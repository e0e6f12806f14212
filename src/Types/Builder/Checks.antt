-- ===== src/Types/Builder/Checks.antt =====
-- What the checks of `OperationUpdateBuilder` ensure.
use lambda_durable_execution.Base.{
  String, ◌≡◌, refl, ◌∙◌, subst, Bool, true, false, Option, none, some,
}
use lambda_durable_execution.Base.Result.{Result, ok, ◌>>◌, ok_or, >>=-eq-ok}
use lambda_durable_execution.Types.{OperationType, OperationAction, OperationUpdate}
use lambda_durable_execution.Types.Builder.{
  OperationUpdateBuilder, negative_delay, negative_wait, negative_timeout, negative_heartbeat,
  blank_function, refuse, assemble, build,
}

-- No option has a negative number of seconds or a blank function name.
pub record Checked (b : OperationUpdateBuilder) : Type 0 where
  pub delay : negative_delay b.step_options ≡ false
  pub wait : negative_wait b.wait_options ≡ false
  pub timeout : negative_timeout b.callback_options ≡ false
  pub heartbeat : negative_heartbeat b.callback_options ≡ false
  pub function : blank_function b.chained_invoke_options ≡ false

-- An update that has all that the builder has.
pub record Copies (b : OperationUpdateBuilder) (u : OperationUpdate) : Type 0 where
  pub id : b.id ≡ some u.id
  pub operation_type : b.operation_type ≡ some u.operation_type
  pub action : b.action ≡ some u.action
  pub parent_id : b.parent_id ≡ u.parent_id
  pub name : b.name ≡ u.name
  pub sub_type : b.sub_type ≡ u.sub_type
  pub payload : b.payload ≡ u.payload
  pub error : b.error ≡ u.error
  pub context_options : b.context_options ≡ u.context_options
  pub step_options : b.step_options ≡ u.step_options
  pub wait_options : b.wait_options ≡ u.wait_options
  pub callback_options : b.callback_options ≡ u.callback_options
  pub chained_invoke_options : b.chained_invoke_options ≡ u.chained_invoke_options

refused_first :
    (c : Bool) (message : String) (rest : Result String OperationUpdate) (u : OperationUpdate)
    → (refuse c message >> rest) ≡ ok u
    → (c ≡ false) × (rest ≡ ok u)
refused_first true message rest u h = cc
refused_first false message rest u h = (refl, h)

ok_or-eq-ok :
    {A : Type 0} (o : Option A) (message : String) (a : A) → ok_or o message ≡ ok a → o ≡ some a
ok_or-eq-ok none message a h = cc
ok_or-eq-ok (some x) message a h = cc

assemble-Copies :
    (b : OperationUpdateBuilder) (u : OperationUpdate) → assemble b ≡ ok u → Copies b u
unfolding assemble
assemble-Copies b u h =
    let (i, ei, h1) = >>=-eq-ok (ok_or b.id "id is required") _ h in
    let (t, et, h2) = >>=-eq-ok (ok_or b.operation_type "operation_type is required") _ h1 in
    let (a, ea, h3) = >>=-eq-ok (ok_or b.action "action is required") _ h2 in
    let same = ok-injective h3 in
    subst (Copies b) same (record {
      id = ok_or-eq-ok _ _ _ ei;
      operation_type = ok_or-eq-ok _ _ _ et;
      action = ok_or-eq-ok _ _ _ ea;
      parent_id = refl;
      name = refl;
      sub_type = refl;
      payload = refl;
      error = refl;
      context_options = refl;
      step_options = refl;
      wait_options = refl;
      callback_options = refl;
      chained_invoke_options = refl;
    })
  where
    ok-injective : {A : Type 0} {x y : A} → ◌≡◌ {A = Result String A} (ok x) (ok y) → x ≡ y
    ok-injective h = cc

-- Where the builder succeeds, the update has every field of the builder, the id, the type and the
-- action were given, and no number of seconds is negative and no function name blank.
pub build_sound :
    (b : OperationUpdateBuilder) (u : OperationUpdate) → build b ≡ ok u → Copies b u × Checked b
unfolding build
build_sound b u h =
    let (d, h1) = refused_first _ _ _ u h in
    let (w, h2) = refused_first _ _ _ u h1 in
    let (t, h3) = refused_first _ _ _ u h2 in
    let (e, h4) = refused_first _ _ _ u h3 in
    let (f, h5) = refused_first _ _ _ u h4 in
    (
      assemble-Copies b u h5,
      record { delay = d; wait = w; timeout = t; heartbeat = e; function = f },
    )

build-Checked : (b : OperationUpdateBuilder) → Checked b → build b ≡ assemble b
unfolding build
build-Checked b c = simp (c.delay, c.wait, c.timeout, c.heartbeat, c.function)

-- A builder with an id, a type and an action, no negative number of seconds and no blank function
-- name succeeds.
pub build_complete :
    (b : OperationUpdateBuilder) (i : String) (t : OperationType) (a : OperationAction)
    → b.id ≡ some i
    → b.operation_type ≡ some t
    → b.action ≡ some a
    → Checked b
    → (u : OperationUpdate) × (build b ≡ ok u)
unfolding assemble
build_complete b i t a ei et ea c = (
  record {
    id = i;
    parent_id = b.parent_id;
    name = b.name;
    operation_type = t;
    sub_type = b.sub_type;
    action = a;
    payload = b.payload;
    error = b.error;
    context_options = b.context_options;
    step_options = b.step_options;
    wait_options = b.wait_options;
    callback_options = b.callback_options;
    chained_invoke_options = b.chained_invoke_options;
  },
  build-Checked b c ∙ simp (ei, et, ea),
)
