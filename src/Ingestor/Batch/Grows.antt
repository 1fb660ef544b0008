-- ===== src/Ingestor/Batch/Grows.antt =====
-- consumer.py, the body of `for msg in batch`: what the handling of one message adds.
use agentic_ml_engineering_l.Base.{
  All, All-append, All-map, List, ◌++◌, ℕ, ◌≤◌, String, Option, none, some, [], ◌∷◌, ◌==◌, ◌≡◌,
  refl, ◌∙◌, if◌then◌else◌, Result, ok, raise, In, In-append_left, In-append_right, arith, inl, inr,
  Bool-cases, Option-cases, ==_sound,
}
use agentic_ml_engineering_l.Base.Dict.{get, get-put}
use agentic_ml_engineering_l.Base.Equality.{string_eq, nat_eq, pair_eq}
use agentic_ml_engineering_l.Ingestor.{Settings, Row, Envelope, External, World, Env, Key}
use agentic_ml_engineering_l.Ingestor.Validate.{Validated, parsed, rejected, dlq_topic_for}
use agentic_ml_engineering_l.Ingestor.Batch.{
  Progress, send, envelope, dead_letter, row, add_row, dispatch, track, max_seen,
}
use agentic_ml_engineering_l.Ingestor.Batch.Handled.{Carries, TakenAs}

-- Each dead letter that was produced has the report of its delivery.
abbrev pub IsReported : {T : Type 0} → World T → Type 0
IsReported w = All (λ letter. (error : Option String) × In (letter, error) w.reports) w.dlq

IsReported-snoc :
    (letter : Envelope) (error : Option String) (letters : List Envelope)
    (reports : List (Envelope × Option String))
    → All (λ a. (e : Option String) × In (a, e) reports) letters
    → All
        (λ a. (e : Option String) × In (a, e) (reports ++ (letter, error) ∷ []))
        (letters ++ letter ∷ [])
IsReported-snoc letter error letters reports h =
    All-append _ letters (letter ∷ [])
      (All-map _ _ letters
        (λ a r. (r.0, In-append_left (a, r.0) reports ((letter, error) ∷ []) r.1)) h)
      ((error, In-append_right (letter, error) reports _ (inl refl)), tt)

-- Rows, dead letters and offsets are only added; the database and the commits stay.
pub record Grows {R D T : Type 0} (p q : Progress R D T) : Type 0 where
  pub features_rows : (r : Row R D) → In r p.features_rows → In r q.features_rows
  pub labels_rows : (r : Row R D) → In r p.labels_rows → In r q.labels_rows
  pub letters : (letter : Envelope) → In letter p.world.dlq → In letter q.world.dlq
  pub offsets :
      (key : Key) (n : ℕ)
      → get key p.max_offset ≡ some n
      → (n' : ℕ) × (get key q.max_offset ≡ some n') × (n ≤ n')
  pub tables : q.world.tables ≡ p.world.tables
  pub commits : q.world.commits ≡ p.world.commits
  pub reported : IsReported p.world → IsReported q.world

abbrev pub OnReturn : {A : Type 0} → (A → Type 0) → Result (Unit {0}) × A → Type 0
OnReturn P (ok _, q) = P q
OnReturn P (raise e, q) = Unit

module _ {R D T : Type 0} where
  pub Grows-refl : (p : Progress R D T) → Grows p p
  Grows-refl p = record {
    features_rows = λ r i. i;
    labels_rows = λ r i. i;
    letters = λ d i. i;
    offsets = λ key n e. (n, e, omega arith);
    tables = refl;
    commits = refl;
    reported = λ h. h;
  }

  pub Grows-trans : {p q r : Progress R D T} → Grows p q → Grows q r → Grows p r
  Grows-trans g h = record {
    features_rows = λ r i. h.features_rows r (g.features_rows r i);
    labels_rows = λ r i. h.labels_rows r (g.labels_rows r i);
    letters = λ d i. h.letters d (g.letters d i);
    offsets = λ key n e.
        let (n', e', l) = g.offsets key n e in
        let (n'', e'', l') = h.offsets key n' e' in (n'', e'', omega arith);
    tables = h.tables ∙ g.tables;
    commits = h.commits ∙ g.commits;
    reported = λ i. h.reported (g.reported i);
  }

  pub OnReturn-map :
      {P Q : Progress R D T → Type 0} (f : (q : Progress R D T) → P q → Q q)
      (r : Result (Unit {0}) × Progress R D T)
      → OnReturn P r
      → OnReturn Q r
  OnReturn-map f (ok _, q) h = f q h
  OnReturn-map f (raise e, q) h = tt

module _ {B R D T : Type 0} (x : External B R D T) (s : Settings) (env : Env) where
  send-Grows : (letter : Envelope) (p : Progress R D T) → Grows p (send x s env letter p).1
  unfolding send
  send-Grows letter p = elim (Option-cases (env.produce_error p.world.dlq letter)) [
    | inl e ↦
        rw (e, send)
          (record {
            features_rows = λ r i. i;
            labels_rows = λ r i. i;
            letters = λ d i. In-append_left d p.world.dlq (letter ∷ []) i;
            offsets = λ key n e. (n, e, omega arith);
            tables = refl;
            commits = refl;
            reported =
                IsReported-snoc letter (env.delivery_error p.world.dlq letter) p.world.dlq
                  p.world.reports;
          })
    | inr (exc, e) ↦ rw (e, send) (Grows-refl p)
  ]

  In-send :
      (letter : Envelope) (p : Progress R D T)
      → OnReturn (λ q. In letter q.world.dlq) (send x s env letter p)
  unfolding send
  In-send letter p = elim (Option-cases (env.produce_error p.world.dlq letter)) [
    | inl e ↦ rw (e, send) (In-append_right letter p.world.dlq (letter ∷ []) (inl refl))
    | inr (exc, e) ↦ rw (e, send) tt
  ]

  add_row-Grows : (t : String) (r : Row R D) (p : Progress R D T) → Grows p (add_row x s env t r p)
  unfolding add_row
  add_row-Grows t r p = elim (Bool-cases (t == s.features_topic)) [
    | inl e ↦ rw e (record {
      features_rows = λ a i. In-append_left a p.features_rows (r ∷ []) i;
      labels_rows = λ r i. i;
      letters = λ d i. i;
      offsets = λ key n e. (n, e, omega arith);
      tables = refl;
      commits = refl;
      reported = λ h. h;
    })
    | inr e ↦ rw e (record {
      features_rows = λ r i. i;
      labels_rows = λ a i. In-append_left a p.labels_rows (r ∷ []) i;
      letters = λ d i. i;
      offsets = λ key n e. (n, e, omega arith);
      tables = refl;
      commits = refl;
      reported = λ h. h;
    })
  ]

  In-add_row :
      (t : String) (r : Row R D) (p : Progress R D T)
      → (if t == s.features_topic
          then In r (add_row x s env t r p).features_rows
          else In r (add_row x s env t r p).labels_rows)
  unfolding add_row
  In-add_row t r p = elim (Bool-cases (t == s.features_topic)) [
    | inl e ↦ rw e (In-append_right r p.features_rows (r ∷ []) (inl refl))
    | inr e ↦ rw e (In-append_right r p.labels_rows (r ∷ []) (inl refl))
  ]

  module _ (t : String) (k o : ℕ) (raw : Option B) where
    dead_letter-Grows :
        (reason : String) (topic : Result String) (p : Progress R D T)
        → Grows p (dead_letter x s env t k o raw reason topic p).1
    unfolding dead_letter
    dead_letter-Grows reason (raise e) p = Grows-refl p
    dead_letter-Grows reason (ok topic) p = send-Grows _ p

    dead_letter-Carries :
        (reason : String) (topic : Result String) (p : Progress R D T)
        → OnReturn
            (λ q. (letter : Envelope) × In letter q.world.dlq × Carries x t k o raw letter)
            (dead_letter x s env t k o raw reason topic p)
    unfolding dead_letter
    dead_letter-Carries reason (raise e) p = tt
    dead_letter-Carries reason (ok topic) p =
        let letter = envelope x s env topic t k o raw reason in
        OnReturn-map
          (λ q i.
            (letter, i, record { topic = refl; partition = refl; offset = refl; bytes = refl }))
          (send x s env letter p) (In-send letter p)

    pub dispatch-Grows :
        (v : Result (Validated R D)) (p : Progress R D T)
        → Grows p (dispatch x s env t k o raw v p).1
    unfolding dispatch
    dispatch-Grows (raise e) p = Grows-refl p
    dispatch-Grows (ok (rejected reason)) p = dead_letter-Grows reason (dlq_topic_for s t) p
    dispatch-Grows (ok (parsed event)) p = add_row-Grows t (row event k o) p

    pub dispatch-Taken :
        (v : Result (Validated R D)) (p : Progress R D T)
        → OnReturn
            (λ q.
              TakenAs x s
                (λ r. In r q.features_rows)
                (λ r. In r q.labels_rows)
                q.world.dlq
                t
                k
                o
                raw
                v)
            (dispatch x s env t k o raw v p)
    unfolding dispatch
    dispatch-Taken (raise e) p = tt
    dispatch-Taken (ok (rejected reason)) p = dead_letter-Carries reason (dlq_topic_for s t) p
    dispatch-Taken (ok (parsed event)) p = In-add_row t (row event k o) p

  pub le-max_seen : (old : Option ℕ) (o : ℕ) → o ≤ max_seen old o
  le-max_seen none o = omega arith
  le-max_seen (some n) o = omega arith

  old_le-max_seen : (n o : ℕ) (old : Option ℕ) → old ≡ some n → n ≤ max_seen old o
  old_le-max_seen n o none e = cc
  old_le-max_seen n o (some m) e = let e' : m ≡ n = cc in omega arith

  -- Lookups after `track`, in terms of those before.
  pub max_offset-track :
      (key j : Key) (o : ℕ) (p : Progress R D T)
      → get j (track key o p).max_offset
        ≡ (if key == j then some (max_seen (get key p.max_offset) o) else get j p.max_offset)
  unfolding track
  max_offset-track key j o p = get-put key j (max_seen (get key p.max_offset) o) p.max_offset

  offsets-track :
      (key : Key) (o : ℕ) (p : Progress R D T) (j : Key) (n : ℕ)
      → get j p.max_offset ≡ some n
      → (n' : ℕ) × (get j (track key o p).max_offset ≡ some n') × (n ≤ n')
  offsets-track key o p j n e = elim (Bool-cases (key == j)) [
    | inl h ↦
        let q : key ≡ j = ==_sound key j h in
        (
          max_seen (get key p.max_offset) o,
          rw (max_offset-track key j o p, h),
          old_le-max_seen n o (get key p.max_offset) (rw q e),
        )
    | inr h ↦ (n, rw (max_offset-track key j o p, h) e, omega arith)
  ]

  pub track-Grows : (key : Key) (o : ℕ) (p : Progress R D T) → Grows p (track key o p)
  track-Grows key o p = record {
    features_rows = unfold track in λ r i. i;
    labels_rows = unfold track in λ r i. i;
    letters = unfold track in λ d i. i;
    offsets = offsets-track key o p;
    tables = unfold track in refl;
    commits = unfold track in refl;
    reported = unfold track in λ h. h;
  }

Task statement: Only the lines with "Unit" are needed; find them in the records and copy each one.

Response:
abbrev pub OnReturn : {A : Type 0} → (A → Type 0) → Result (Unit {0}) × A → Type 0
OnReturn P (raise e, q) = Unit
      (r : Result (Unit {0}) × Progress R D T)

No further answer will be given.